The reality is that before chat gate it wasn't used for those things much especially the trolling parties. In fact people repeatedly said leave bits of the forum to themselves. The thing I find annoying is how people seem to cherry pick what has been said in there rather than averaging things over weeks and weeks of stuff. 

As for the people that came back, we didn't encourage them, and I found it somewhat odd that admin even welcomed one of them to the forums (automatic message) and it wasn't till a substantial time later the moderators said it was 'obvious' and kicked them out.

If we could all get back to light banter, bikes, gear ratios, lights, commentary on sporting events and various other silly things I think it would be very much better. Some people like ianrauk have come in a lot and it's been good, it's a shame some of the rest of you don't feel that way, but that's up to you if you don't want to go in and participate.


----------



## iAmiAdam (17 Aug 2011)

marinyork said:


> The reality is that before chat gate it wasn't used for those things much especially the trolling parties. In fact people repeatedly said leave bits of the forum to themselves. The thing I find annoying is how people seem to cherry pick what has been said in there rather than averaging things over weeks and weeks of stuff.
> 
> As for the people that came back, we didn't encourage them, and I found it somewhat odd that admin even welcomed one of them to the forums (automatic message) and it wasn't till a substantial time later the moderators said it was 'obvious' and kicked them out.
> 
> If we could all get back to light banter, bikes, gear ratios, lights, commentary on sporting events and various other silly things I think it would be very much better. Some people like ianrauk have come in a lot and it's been good, it's a shame some of the rest of you don't feel that way, but that's up to you if you don't want to go in and participate.



Agreed.


The thing to remember is there's more posts in chat in a day than there is a week on the forum, so there's going to be more questionable content. Plus, I'd say these trolling parties are mythical. I only know of one where people have actually posted and all of the posts remained on the forum, can hardly be considered trolling. It also gets annoying when people get banned for replying to others.


----------



## Shaun (17 Aug 2011)

marinyork said:


> If we could all get back to light banter, bikes, gear ratios, lights, commentary on sporting events and various other silly things I think it would be very much better.



I agree.


----------



## Sittingduck (17 Aug 2011)

Angelfishsolo said:


> The problem as I see it is chat is only visible to those you take part in it and so much can be said about an individual / individuals without their knowledge. I have wittnessed such activity. When banned from chat a new account pops up and starts the trouble all over again. Thus banning an individual does not work and neither does blocking an e-mail address.

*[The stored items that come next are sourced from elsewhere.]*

-- ===== src/EventQueue.antt =====
-- gateway/event_queue.py: the in-memory queue that buffers messages while the gateway is away.
-- A timestamp is the count of nanoseconds that `time.monotonic` stands for.
pub mod Bounds
pub mod Drain
pub mod Interleaved
use staykey_ha_plugin.Prelude.{
  ℕ, ◌+◌, ◌-◌, ◌*◌, ◌^◌, Bool, List, [], ◌∷◌, ◌++◌, length, ltb, leb, if◌then◌else◌,
}

abbrev pub max_queue_size : ℕ
max_queue_size = 500

abbrev second : ℕ
second = 10 ^ 9

abbrev pub max_event_age : ℕ
max_event_age = 3600 * second

pub record EventQueue (M : Type 0) : Type 0 where
  pub queue : List (ℕ × M)
  pub maxlen : ℕ
  pub dropped : ℕ

module _ {M : Type 0} where
  -- `EventQueue(max_size)`
  unfoldable pub new : ℕ → EventQueue M
  new max_size = record { queue = []; maxlen = max_size; dropped = 0 }

  unfoldable pub size : EventQueue M → ℕ
  size q = length q.queue

  unfoldable pub dropped_count : EventQueue M → ℕ
  dropped_count q = q.dropped

  -- the front items that a `deque` gives up until at most `maxlen` are left
  unfoldable pub trim : ℕ → List (ℕ × M) → List (ℕ × M)
  trim n [] = []
  trim n (x ∷ xs) = let shorter = trim n xs in if ltb n (length (x ∷ xs)) then shorter else x ∷ xs

  -- `deque.append` on a `deque(maxlen=…)`
  unfoldable pub append : ℕ → List (ℕ × M) → ℕ × M → List (ℕ × M)
  unfolding trim
  append n xs x = trim n (xs ++ x ∷ [])

  unfoldable pub enqueue : ℕ → M → EventQueue M → EventQueue M
  unfolding append
  enqueue now message q = record q {
    queue = append q.maxlen q.queue (now, message);
    dropped = if leb q.maxlen (length q.queue) then q.dropped + 1 else q.dropped;
  }

  unfoldable pub clear : EventQueue M → EventQueue M
  clear q = record q { queue = []; dropped = 0 }

-- What `drain` is given: a send function acts on the state `S` and tells whether it raised.
module _ {M S : Type 0} (send : M → S → Bool × S) where
  -- the `while` loop of `drain`: the items left, the number sent and the sender's state
  unfoldable pub drain_loop : ℕ → ℕ → List (ℕ × M) → S → List (ℕ × M) × ℕ × S
  drain_loop now sent [] s = ([], sent, s)
  drain_loop now sent ((timestamp, message) ∷ rest) s =
      let skipped = drain_loop now sent rest s in
      let (done, s') = send message s in
      let next = drain_loop now (sent + 1) rest s' in
      if ltb max_event_age (now - timestamp)
      then skipped
      else if done
      then next
      else ((timestamp, message) ∷ rest, sent, s')

  unfoldable pub drain : ℕ → EventQueue M → S → ℕ × EventQueue M × S
  unfolding drain_loop
  drain now q s =
      let (left, sent, s') = drain_loop now 0 q.queue s in
      (sent, record q { queue = left; dropped = 0 }, s')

I don't see how it is any different to the PM feature, in that respect.


----------



## Angelfishsolo (17 Aug 2011)

Sittingduck said:


> I don't see how it is any different to the PM feature, in that respect.


Valid point.


----------



## ttcycle (17 Aug 2011)

Sittingduck said:


> I don't see how it is any different to the PM feature, in that respect.



real time makes it different I suppose, it's also the fact that a chatroom dynamic is very different to private messages.


----------



## Shaun (17 Aug 2011)

Chat is a public and shared space, PM's are private.


----------



## chris grace (21 Aug 2011)

I can't get on the chatroom,is there something I have to do?


----------



## ianrauk (21 Aug 2011)

chris grace said:


> I can't get on the chatroom,is there something I have to do?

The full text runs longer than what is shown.